Женщина рассеянно отерла слезы, непроизвольно текущие у нее из глаз.
— Оно само, — облегченно вздохнула она, но стоило ей заметить, с каким беспокойством и с какой нежностью смотрит на нее Рома, как ей захотелось заплакать уже по-настоящему.
— Неужели вы…? — хотел было спросить он, догадавшись обо всем, но осекся.
— Может быть, — кивнула она, опустив глаза, — Я никогда не испытывала ничего подобного, так что не могу ответить точно.
— Вы знаете, я тоже. Тоже полюбил кого-то впервые, — выпалил он радостно.
— «Кого-то»? Только не говорите, что меня.
— Ну да, вас.
Нинель не знала, чем на это можно было ответить.

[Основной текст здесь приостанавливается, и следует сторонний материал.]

-- ===== src/Live/Alerts/Selected.antt =====
-- Which alert `apply_legacy_alert_fields` of oad_parser/live/alerts.py gives the record's scalar fields.
use oad_parser.Common.{
  ◌≤◌, ◌<◌, ◌≡◌, refl, ◌∙◌, arith, Option, some, List, [], ◌∷◌, ltb, if_intro, ok, All,
}
use oad_parser.Common.Text.{codes}
use oad_parser.Common.Value.{Value, sequence, Fields, Python, find, put, mappings}
use oad_parser.Common.Put.{find-put}
use oad_parser.Live.Alerts.Evaluate.{rank_of, select_loop, apply_legacy_alert_fields}

abbrev pub IsThere : Option Value → Type 0
IsThere found = (v : Value) × (found ≡ some v)

-- The alert has an id and details.
abbrev pub IsNamed : Fields → Type 0
IsNamed a = IsThere (find (codes "id") a) × IsThere (find (codes "details") a)

module _ (py : Python) where
  -- The alert is the first in the list whose severity has the highest rank.
  pub data IsMostSevere : Fields → List Fields → Type 0 where
    here :
        {best : Fields} {alerts : List Fields}
        → All (λ a. rank_of py a ≤ rank_of py best) alerts
        → IsMostSevere best (best ∷ alerts)
    later :
        {best a : Fields} {alerts : List Fields}
        → rank_of py a < rank_of py best
        → IsMostSevere best alerts
        → IsMostSevere best (a ∷ alerts)

  -- An alert that is no more severe than the one before it changes nothing.
  IsMostSevere-second :
      (best b a : Fields) (alerts : List Fields)
      → rank_of py a ≤ rank_of py b
      → IsMostSevere best (b ∷ alerts)
      → IsMostSevere best (b ∷ a ∷ alerts)
  IsMostSevere-second best _ a alerts le (here h) = here (le, h)
  IsMostSevere-second best b a alerts le (later lt s) = later lt (later (omega arith) s)

  select_loop-le :
      (b : Fields) (alerts : List Fields) → rank_of py b ≤ rank_of py (select_loop py b alerts)
  unfolding select_loop
  select_loop-le b [] = omega arith
  select_loop-le b (a ∷ alerts) =
      if_intro (λ (r : Fields). rank_of py b ≤ rank_of py (select_loop py r alerts))
        (ltb (rank_of py b) (rank_of py a)) _ _
        (λ less. ground (arith, less, select_loop-le a alerts)) λ _. select_loop-le b alerts

  pub select_loop-IsMostSevere :
      (b : Fields) (alerts : List Fields) → IsMostSevere (select_loop py b alerts) (b ∷ alerts)
  unfolding select_loop
  select_loop-IsMostSevere b [] = here tt
  select_loop-IsMostSevere b (a ∷ alerts) =
      if_intro (λ (r : Fields). IsMostSevere (select_loop py r alerts) (b ∷ a ∷ alerts))
        (ltb (rank_of py b) (rank_of py a)) _ _
        (λ less.
          later (ground (arith, select_loop-le a alerts)) (select_loop-IsMostSevere a alerts))
        λ not_less.
          IsMostSevere-second _ b a alerts (ground (arith, not_less))
            (select_loop-IsMostSevere b alerts)

  pub IsMostSevere-IsNamed :
      (best : Fields) (alerts : List Fields)
      → IsMostSevere best alerts
      → All IsNamed alerts
      → IsNamed best
  IsMostSevere-IsNamed best _ (here h) (first, named) = first
  IsMostSevere-IsNamed best _ (later {alerts = alerts} lt s) (first, named) =
      IsMostSevere-IsNamed best alerts s named

  pub record IsSelected (record' : Fields) (alerts : List Fields) (d best : Fields) : Type 0 where
    pub returned : apply_legacy_alert_fields py record' alerts ≡ ok d
    pub most_severe : IsMostSevere best alerts
    pub same_alert : find (codes "alert") d ≡ find (codes "id") best
    pub same_details : find (codes "alert_details") d ≡ find (codes "details") best
    pub same_alerts : find (codes "alerts") d ≡ some (sequence (mappings alerts))

  -- If there are alerts and each has an id and details, `apply_legacy_alert_fields` returns, stores
  -- all of them in order, and takes the scalar fields from the first of the most severe ones.
  pub apply_legacy_alert_fields-IsSelected :
      (record' a : Fields) (alerts : List Fields)
      → All IsNamed (a ∷ alerts)
      → (d : Fields) × (best : Fields) × IsSelected record' (a ∷ alerts) d best
  unfolding apply_legacy_alert_fields
  apply_legacy_alert_fields-IsSelected record' a alerts named =
      let best = select_loop py a alerts in
      let severe = select_loop-IsMostSevere a alerts in
      let ((id, id_found), (details, details_found)) =
        IsMostSevere-IsNamed best (a ∷ alerts) severe named in
      let stored = put (codes "alerts") (sequence (mappings (a ∷ alerts))) record' in
      let with_id = put (codes "alert") id stored in
      (
        put (codes "alert_details") details with_id,
        best,
        record {
          returned = rw (id_found, details_found) refl;
          most_severe = severe;
          same_alert =
              find-put (codes "alert_details") (codes "alert") details with_id
              ∙ rw (find-put (codes "alert") (codes "alert") id stored, id_found) refl;
          same_details =
              rw
                (
                  find-put (codes "alert_details") (codes "alert_details") details with_id,
                  details_found,
                )
                refl;
          same_alerts =
              rw
                (
                  find-put (codes "alert_details") (codes "alerts") details with_id,
                  find-put (codes "alert") (codes "alerts") id stored,
                  find-put (codes "alerts") (codes "alerts") (sequence (mappings (a ∷ alerts)))
                      record',
                )
                refl;
        },
      )
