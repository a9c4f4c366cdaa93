-- ===== src/Live/Metrics.antt =====
-- `LiveMetrics` of oad_parser/live/metrics.py. The seconds are a float and a parameter here; a
-- `Counter` is the name that a call of `increment` passes.
use oad_parser.Common.{ℕ, ◌+◌}

pub data Counter : Type 0 where
  packets_received packets_dropped packets_parsed ecg_messages_emitted : Counter
  malformed_count parse_warnings_count non_ipv4_or_non_udp non_ecg : Counter
  ecg_candidates valid_ecg_payloads error_records_emitted detector_alerts : Counter
  bytes_written files_rotated files_pruned output_drops : Counter

module _ (Seconds : Type 0) where
  pub record LiveMetrics : Type 0 where
    pub packets_received : ℕ
    pub packets_dropped : ℕ
    pub packets_parsed : ℕ
    pub ecg_messages_emitted : ℕ
    pub malformed_count : ℕ
    pub parse_warnings_count : ℕ
    pub non_ipv4_or_non_udp : ℕ
    pub non_ecg : ℕ
    pub ecg_candidates : ℕ
    pub valid_ecg_payloads : ℕ
    pub error_records_emitted : ℕ
    pub detector_alerts : ℕ
    pub bytes_written : ℕ
    pub files_rotated : ℕ
    pub files_pruned : ℕ
    pub writer_block_seconds : Seconds
    pub output_drops : ℕ

  unfoldable pub increment : Counter → ℕ → LiveMetrics → LiveMetrics
  increment packets_received n m = record m { packets_received = m.packets_received + n }
  increment packets_dropped n m = record m { packets_dropped = m.packets_dropped + n }
  increment packets_parsed n m = record m { packets_parsed = m.packets_parsed + n }
  increment ecg_messages_emitted n m = record m {
    ecg_messages_emitted = m.ecg_messages_emitted + n;
  }
  increment malformed_count n m = record m { malformed_count = m.malformed_count + n }
  increment parse_warnings_count n m = record m {
    parse_warnings_count = m.parse_warnings_count + n;
  }
  increment non_ipv4_or_non_udp n m = record m { non_ipv4_or_non_udp = m.non_ipv4_or_non_udp + n }
  increment non_ecg n m = record m { non_ecg = m.non_ecg + n }
  increment ecg_candidates n m = record m { ecg_candidates = m.ecg_candidates + n }
  increment valid_ecg_payloads n m = record m { valid_ecg_payloads = m.valid_ecg_payloads + n }
  increment error_records_emitted n m = record m {
    error_records_emitted = m.error_records_emitted + n;
  }
  increment detector_alerts n m = record m { detector_alerts = m.detector_alerts + n }
  increment bytes_written n m = record m { bytes_written = m.bytes_written + n }
  increment files_rotated n m = record m { files_rotated = m.files_rotated + n }
  increment files_pruned n m = record m { files_pruned = m.files_pruned + n }
  increment output_drops n m = record m { output_drops = m.output_drops + n }

  -- The addition of floats is the argument `add`.
  unfoldable pub add_writer_block_seconds :
      (Seconds → Seconds → Seconds) → Seconds → LiveMetrics → LiveMetrics
  add_writer_block_seconds add seconds m = record m {
    writer_block_seconds = add m.writer_block_seconds seconds;
  }
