-- ===== src/Init/Spawn/Assembly.antt =====
-- The messages of a session build its launch, whatever other sessions do in between.
use axiom_evi_apps.Prelude.{
  ℕ, zero, suc, ◌<◌, ◌≡◌, refl, ◌≢◌, ◌∙◌, arith, Bool, true, false, List, [], ◌∷◌, none, some,
  Outcome, done, ltb, ◌==◌, if◌then◌else◌, Bool-cases, Option-cases, inl, inr, length, get_or, ◌&&◌,
  set,
}
use axiom_evi_apps.Bits.{test_bit}
use axiom_evi_apps.Bits.Words.{set_bit}
use axiom_evi_apps.Init.Session.{used}
use axiom_evi_apps.Init.Session.Handler.{used_lem, release_in_range, used-set_bit, used-busy}
use axiom_evi_apps.Init.Spawn.{
  Slot, Request, Launch, State, Part, no_slot, clear, store, assemble, launch_of, find_slot,
  serve_slot, in_slots, spawn_req,
}
use axiom_evi_apps.Init.Spawn.Slots.{lookup, lookup-set_other, find_slot-Has, find_slot-HasNot}

assemble-session_id :
    (max_data : ℕ) (reset : Bool) (req : Request) (slot : Slot)
    → (assemble max_data reset req slot).session_id ≡ slot.session_id
unfolding assemble store clear
assemble-session_id max_data reset req slot =
    stored req.part _ (if reset then clear slot else slot) ∙ cleared reset
  where
    stored : (p : Part) (text : List ℕ) (t : Slot) → (store p text t).session_id ≡ t.session_id
    stored Part.exe_part text t = refl
    stored Part.cwd_part text t = refl
    stored Part.arg_part text t = refl
    stored Part.env_part text t = refl
    stored Part.unknown_part text t = refl

    cleared : (b : Bool) → (if b then clear slot else slot).session_id ≡ slot.session_id
    cleared true = refl
    cleared false = refl

get_or_twice : (xs : List Slot) (i : ℕ) (d : Slot) → get_or xs i (get_or xs i d) ≡ get_or xs i d
get_or_twice [] i d = refl
get_or_twice (x ∷ xs) zero d = refl
get_or_twice (x ∷ xs) (suc i) d = get_or_twice xs i d

module _ (empty max_data : ℕ) (above : 32 < empty) where
  -- What serving the slot of one session leaves to another.
  pub record LeavesOther (other : ℕ) (s : State) (result : Outcome (State × List Launch))
      : Type 0 where
    pub r : State × List Launch
    pub returns : result ≡ done r
    pub same_slot : lookup other r.0.slots ≡ lookup other s.slots
    pub same_used : used other r.0.sessions ≡ used other s.sessions

  unchanged : (other : ℕ) (s : State) → LeavesOther other s (done (s, []))
  unchanged other s = record { r = (s, []); returns = refl; same_slot = refl; same_used = refl }

  serve_slot-LeavesOther :
      (other : ℕ) (req : Request) (reset : Bool) (idx : ℕ) (slot : Slot) (s : State)
      → slot.session_id < 32
      → slot.session_id ≢ other
      → other < 32
      → (get_or s.slots idx (no_slot empty)).session_id ≢ other
      → LeavesOther other s (serve_slot empty max_data req reset idx slot s)
  unfolding serve_slot
  serve_slot-LeavesOther other req reset idx slot s lt ne small before =
      let slot' = assemble max_data reset req slot in
      let id = assemble-session_id max_data reset req slot in
      let old = get_or s.slots idx (no_slot empty) in
      let freed = release_in_range slot'.session_id s.sessions (omega (arith, id)) in
      let emptied = record (clear slot') { session_id = empty } in
      elim (Bool-cases req.flag_exec) [
        | inl exec ↦ record {
          r = (
            record {
              slots = set s.slots idx emptied;
              sessions = set_bit s.sessions slot'.session_id;
            },
            launch_of slot' ∷ [],
          );
          returns = rw (exec, freed) refl;
          same_slot =
              lookup-set_other other s.slots idx old emptied
                (get_or_twice s.slots idx (no_slot empty)) before (omega arith);
          same_used =
              used-set_bit slot'.session_id other s.sessions (omega (arith, id)) (omega arith);
        }
        | inr no_exec ↦ record {
          r = (record s { slots = set s.slots idx slot' }, []);
          returns = rw no_exec refl;
          same_slot =
              lookup-set_other other s.slots idx old slot'
                (get_or_twice s.slots idx (no_slot empty)) before (omega (arith, id));
          same_used = refl;
        }
      ]

  in_slots-LeavesOther :
      (other : ℕ) (req : Request) (s : State)
      → req.session_id < 32
      → req.session_id ≢ other
      → other < 32
      → LeavesOther other s (in_slots empty max_data req s)
  unfolding in_slots
  in_slots-LeavesOther other req s lt ne small =
      elim (Option-cases (lookup req.session_id s.slots)) [
        | inr (slot, has) ↦
            let h = find_slot-Has empty req.session_id s.slots slot (no_slot empty) 0 none has in
            let hit : (find_slot empty req.session_id s.slots 0 none).0 ≡ h.at =
              omega (arith, h.found) in
            let inside : ltb h.at (length s.slots) ≡ true = ground (arith, h.in_range) in
            rw (hit, inside, h.here)
              (serve_slot-LeavesOther other req req.flag_reset h.at slot s (omega (arith, h.own))
                (omega (arith, h.own)) small (rw h.here (omega (arith, h.own))))
        | inl hasnt ↦
            let h = find_slot-HasNot empty req.session_id s.slots (no_slot empty) 0 none hasnt in
            let miss : ltb (find_slot empty req.session_id s.slots 0 none).0 (length s.slots)
                ≡ false =
              ground (arith, h.to_end) in
            elim (Option-cases (find_slot empty req.session_id s.slots 0 none).1) [
              | inl full ↦ rw (miss, full) (unchanged other s)
              | inr (j, free) ↦
                  rw (miss, free)
                    (serve_slot-LeavesOther other req true j
                      (record (get_or s.slots j (no_slot empty)) { session_id = req.session_id }) s
                      lt ne small (ground (arith, h.is_free j free)))
            ]
      ]

  pub spawn_req-LeavesOther :
      (other : ℕ) (req : Request) (s : State)
      → req.session_id ≢ 32
      → req.session_id ≢ other
      → other < 32
      → LeavesOther other s (spawn_req empty max_data req s)
  unfolding spawn_req
  spawn_req-LeavesOther other req s in_word ne small = elim (Bool-cases req.is_request) [
    | inr no_request ↦ rw no_request (unchanged other s)
    | inl request ↦
        let known = used_lem req.session_id s.sessions in_word in
        elim (Bool-cases (ltb req.session_id 32 && (test_bit s.sessions req.session_id == 0))) [
          | inl busy ↦
              rw (request, known, busy) (in_slots-LeavesOther other req s (ground arith) ne small)
          | inr idle ↦ rw (request, known, idle) (unchanged other s)
        ]
  ]

  -- A message of a session that has a slot.
  pub record ServesOwn (req : Request) (slot : Slot) (s : State)
      (result : Outcome (State × List Launch)) : Type 0 where
    pub r : State × List Launch
    pub returns : result ≡ done r
    pub kept :
        req.flag_exec ≡ false
        → (lookup req.session_id r.0.slots ≡ some (assemble max_data req.flag_reset req slot))
          × (r.0.sessions ≡ s.sessions)
    pub launched :
        req.flag_exec ≡ true → r.1 ≡ launch_of (assemble max_data req.flag_reset req slot) ∷ []

  pub spawn_req-ServesOwn :
      (req : Request) (slot : Slot) (s : State)
      → req.is_request ≡ true
      → req.session_id ≢ 32
      → used req.session_id s.sessions ≡ done true
      → lookup req.session_id s.slots ≡ some slot
      → ServesOwn req slot s (spawn_req empty max_data req s)
  unfolding spawn_req in_slots serve_slot
  spawn_req-ServesOwn req slot s request in_word busy has =
      let h = find_slot-Has empty req.session_id s.slots slot (no_slot empty) 0 none has in
      let hit : (find_slot empty req.session_id s.slots 0 none).0 ≡ h.at = omega (arith, h.found) in
      let inside : ltb h.at (length s.slots) ≡ true = ground (arith, h.in_range) in
      let slot' = assemble max_data req.flag_reset req slot in
      let id = assemble-session_id max_data req.flag_reset req slot in
      let lt = used-busy req.session_id s.sessions in_word busy in
      let freed = release_in_range slot'.session_id s.sessions (omega (arith, id, h.own)) in
      elim (Bool-cases req.flag_exec) [
        | inl exec ↦ record {
          r = (
            record {
              slots = set s.slots h.at (record (clear slot') { session_id = empty });
              sessions = set_bit s.sessions slot'.session_id;
            },
            launch_of slot' ∷ [],
          );
          returns = rw (request, busy, hit, inside, h.here, exec, freed) refl;
          kept = λ no_exec. absurd (ground arith);
          launched = λ _. refl;
        }
        | inr no_exec ↦ record {
          r = (record s { slots = set s.slots h.at slot' }, []);
          returns = rw (request, busy, hit, inside, h.here, no_exec) refl;
          kept = λ _. (h.replaced slot' (id ∙ h.own), refl);
          launched = λ exec. absurd (ground arith);
        }
      ]
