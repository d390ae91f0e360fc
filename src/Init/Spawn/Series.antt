-- ===== src/Init/Spawn/Series.antt =====
-- A series of messages of several sessions, up to the launch of one.
use axiom_evi_apps.Prelude.{
  ℕ, ◌<◌, ◌≡◌, refl, ◌≢◌, sym, ◌∙◌, ap, arith, true, false, List, [], ◌∷◌, ◌++◌, some, done, ◌==◌,
  ◌&&◌, if◌then◌else◌, Bool-cases, inl, inr, All,
}
use axiom_evi_apps.Init.Session.{used}
use axiom_evi_apps.Init.Spawn.{
  Slot, Request, Launch, State, assemble, launch_of, spawn_req, spawn_all,
}
use axiom_evi_apps.Init.Spawn.Slots.{lookup}
use axiom_evi_apps.Init.Spawn.Assembly.{spawn_req-LeavesOther, spawn_req-ServesOwn}

-- The slot that the messages of one session build.
unfoldable pub assembled : ℕ → ℕ → List Request → Slot → Slot
assembled max_data session [] slot = slot
assembled max_data session (req ∷ reqs) slot =
    if req.is_request && req.session_id == session
    then assembled max_data session reqs (assemble max_data req.flag_reset req slot)
    else assembled max_data session reqs slot

-- A message that does not launch the session. Its own session is not the width of the mask.
abbrev pub IsPart : ℕ → Request → Type 0
IsPart session req = (req.session_id ≢ 32) × (req.session_id ≡ session → req.flag_exec ≡ false)

module _ (empty max_data : ℕ) (above : 32 < empty) (session : ℕ) (small : session < 32) where
  -- The session keeps its number and its slot holds the parts.
  abbrev Builds : Slot → State → Type 0
  Builds slot s = (lookup session s.slots ≡ some slot) × (used session s.sessions ≡ done true)

  ignored :
      (req : Request) (s : State)
      → req.is_request ≡ false
      → spawn_req empty max_data req s ≡ done (s, [])
  unfolding spawn_req
  ignored req s other_command = rw other_command refl

  serves_next :
      (req : Request) (reqs : List Request) (s : State) (r q : State × List Launch)
      → spawn_req empty max_data req s ≡ done r
      → spawn_all empty max_data reqs r.0 ≡ done q
      → spawn_all empty max_data (req ∷ reqs) s ≡ done (q.0, r.1 ++ q.1)
  unfolding spawn_all
  serves_next req reqs s r q first rest = rw (first, rest, spawn_all) refl

  spawn_all-Builds :
      (reqs : List Request) (slot : Slot) (s : State)
      → All (IsPart session) reqs
      → Builds slot s
      → (r : State × List Launch) × (spawn_all empty max_data reqs s ≡ done r)
        × Builds (assembled max_data session reqs slot) r.0
  unfolding spawn_all assembled
  spawn_all-Builds [] slot s all h = ((s, []), refl, h)
  spawn_all-Builds (req ∷ reqs) slot s all h = elim (Bool-cases (req.session_id == session)) [
    | inr other ↦
        let e =
          spawn_req-LeavesOther empty max_data above session req s all.0.0 (ground arith) small in
        let same : Builds slot e.r.0 = (e.same_slot ∙ h.0, e.same_used ∙ h.1) in
        let (q, rest, built) = spawn_all-Builds reqs slot e.r.0 all.1 same in
        ((q.0, e.r.1 ++ q.1), serves_next req reqs s e.r q e.returns rest, ground (arith, built))
    | inl own ↦
        let number : req.session_id ≡ session = ground arith in
        elim (Bool-cases req.is_request) [
          | inr other_command ↦
              let (q, rest, built) = spawn_all-Builds reqs slot s all.1 h in
              (
                (q.0, [] ++ q.1),
                serves_next req reqs s (s, []) q (ignored req s other_command) rest,
                rw other_command built,
              )
          | inl request ↦
              let e =
                spawn_req-ServesOwn empty max_data above req slot s request all.0.0
                  (ap (λ (n : ℕ). used n s.sessions) number ∙ h.1)
                  (ap (λ (n : ℕ). lookup n s.slots) number ∙ h.0) in
              let (placed, kept) = e.kept (all.0.1 number) in
              let next : Builds (assemble max_data req.flag_reset req slot) e.r.0 = (
                sym (ap (λ (n : ℕ). lookup n e.r.0.slots) number) ∙ placed,
                ap (used session) kept ∙ h.1,
              ) in
              let added : assembled max_data session (req ∷ reqs) slot
                  ≡ assembled max_data session reqs (assemble max_data req.flag_reset req slot) =
                rw (request, own) refl in
              let (q, rest, built) =
                spawn_all-Builds reqs (assemble max_data req.flag_reset req slot) e.r.0 all.1
                  next in
              (
                (q.0, e.r.1 ++ q.1),
                serves_next req reqs s e.r q e.returns rest,
                (built.0 ∙ ap some (sym added), built.1),
              )
        ]
  ]

  -- A session in use that has a slot, any messages of this and other sessions of which none launches
  -- this session or names session 32, and then a message that launches it: the daemon serves them
  -- all, and the last one launches exactly what the messages of this session put into its slot.
  pub spawn_req-launches :
      (reqs : List Request) (last : Request) (slot : Slot) (s : State)
      → All (IsPart session) reqs
      → lookup session s.slots ≡ some slot
      → used session s.sessions ≡ done true
      → last.is_request ≡ true
      → last.session_id ≡ session
      → last.flag_exec ≡ true
      → (r : State × List Launch) × (q : State × List Launch) × (spawn_all empty max_data reqs s
          ≡ done r)
        × (spawn_req empty max_data last r.0 ≡ done q)
        × (q.1
            ≡ launch_of
                (assemble max_data last.flag_reset last (assembled max_data session reqs slot))
              ∷ [])
  spawn_req-launches reqs last slot s all has busy request number exec =
      let (r, served, built) = spawn_all-Builds reqs slot s all (has, busy) in
      let e =
        spawn_req-ServesOwn empty max_data above last (assembled max_data session reqs slot) r.0
          request (omega arith) (ap (λ (n : ℕ). used n r.0.sessions) number ∙ built.1)
          (ap (λ (n : ℕ). lookup n r.0.slots) number ∙ built.0) in
      (r, e.r, served, e.returns, e.launched exec)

Рома смущенно улыбнулся, отвернулся к аптечке и тут же вытащил из нее все необходимое. Пока он выводил избытки препарата из ее организма, они сидели молча, боясь брякнуть что-нибудь лишнее. А когда женщина пришла в норму, она наконец собралась с мыслями и сказала собравшемуся уходить и стоящему у порога курьеру:
— Венера слишком далеко отсюда.
Рома остановился, но так и не повернулся к собеседнице.
— Тогда почему бы нам не полететь на нее вместе? — предложил он, пытаясь унять дрожь.
Грохнулся на пол аптечный чемоданчик. Пробежались по стеклянным осколкам последние лучики марсианского закатного солнца.
Наполнил легкие аромат древесных духов, смешавшийся с запахом разлитого по кафелю спирта. «С сегодняшнего дня уже ничего не будет так, как прежде», — слова эти Нинель повторяла в своей голове, как молитву. И хотя она страшилась того неизвестного, что ожидало ее впереди, она летела к нему навстречу с сияющей счастьем улыбкой.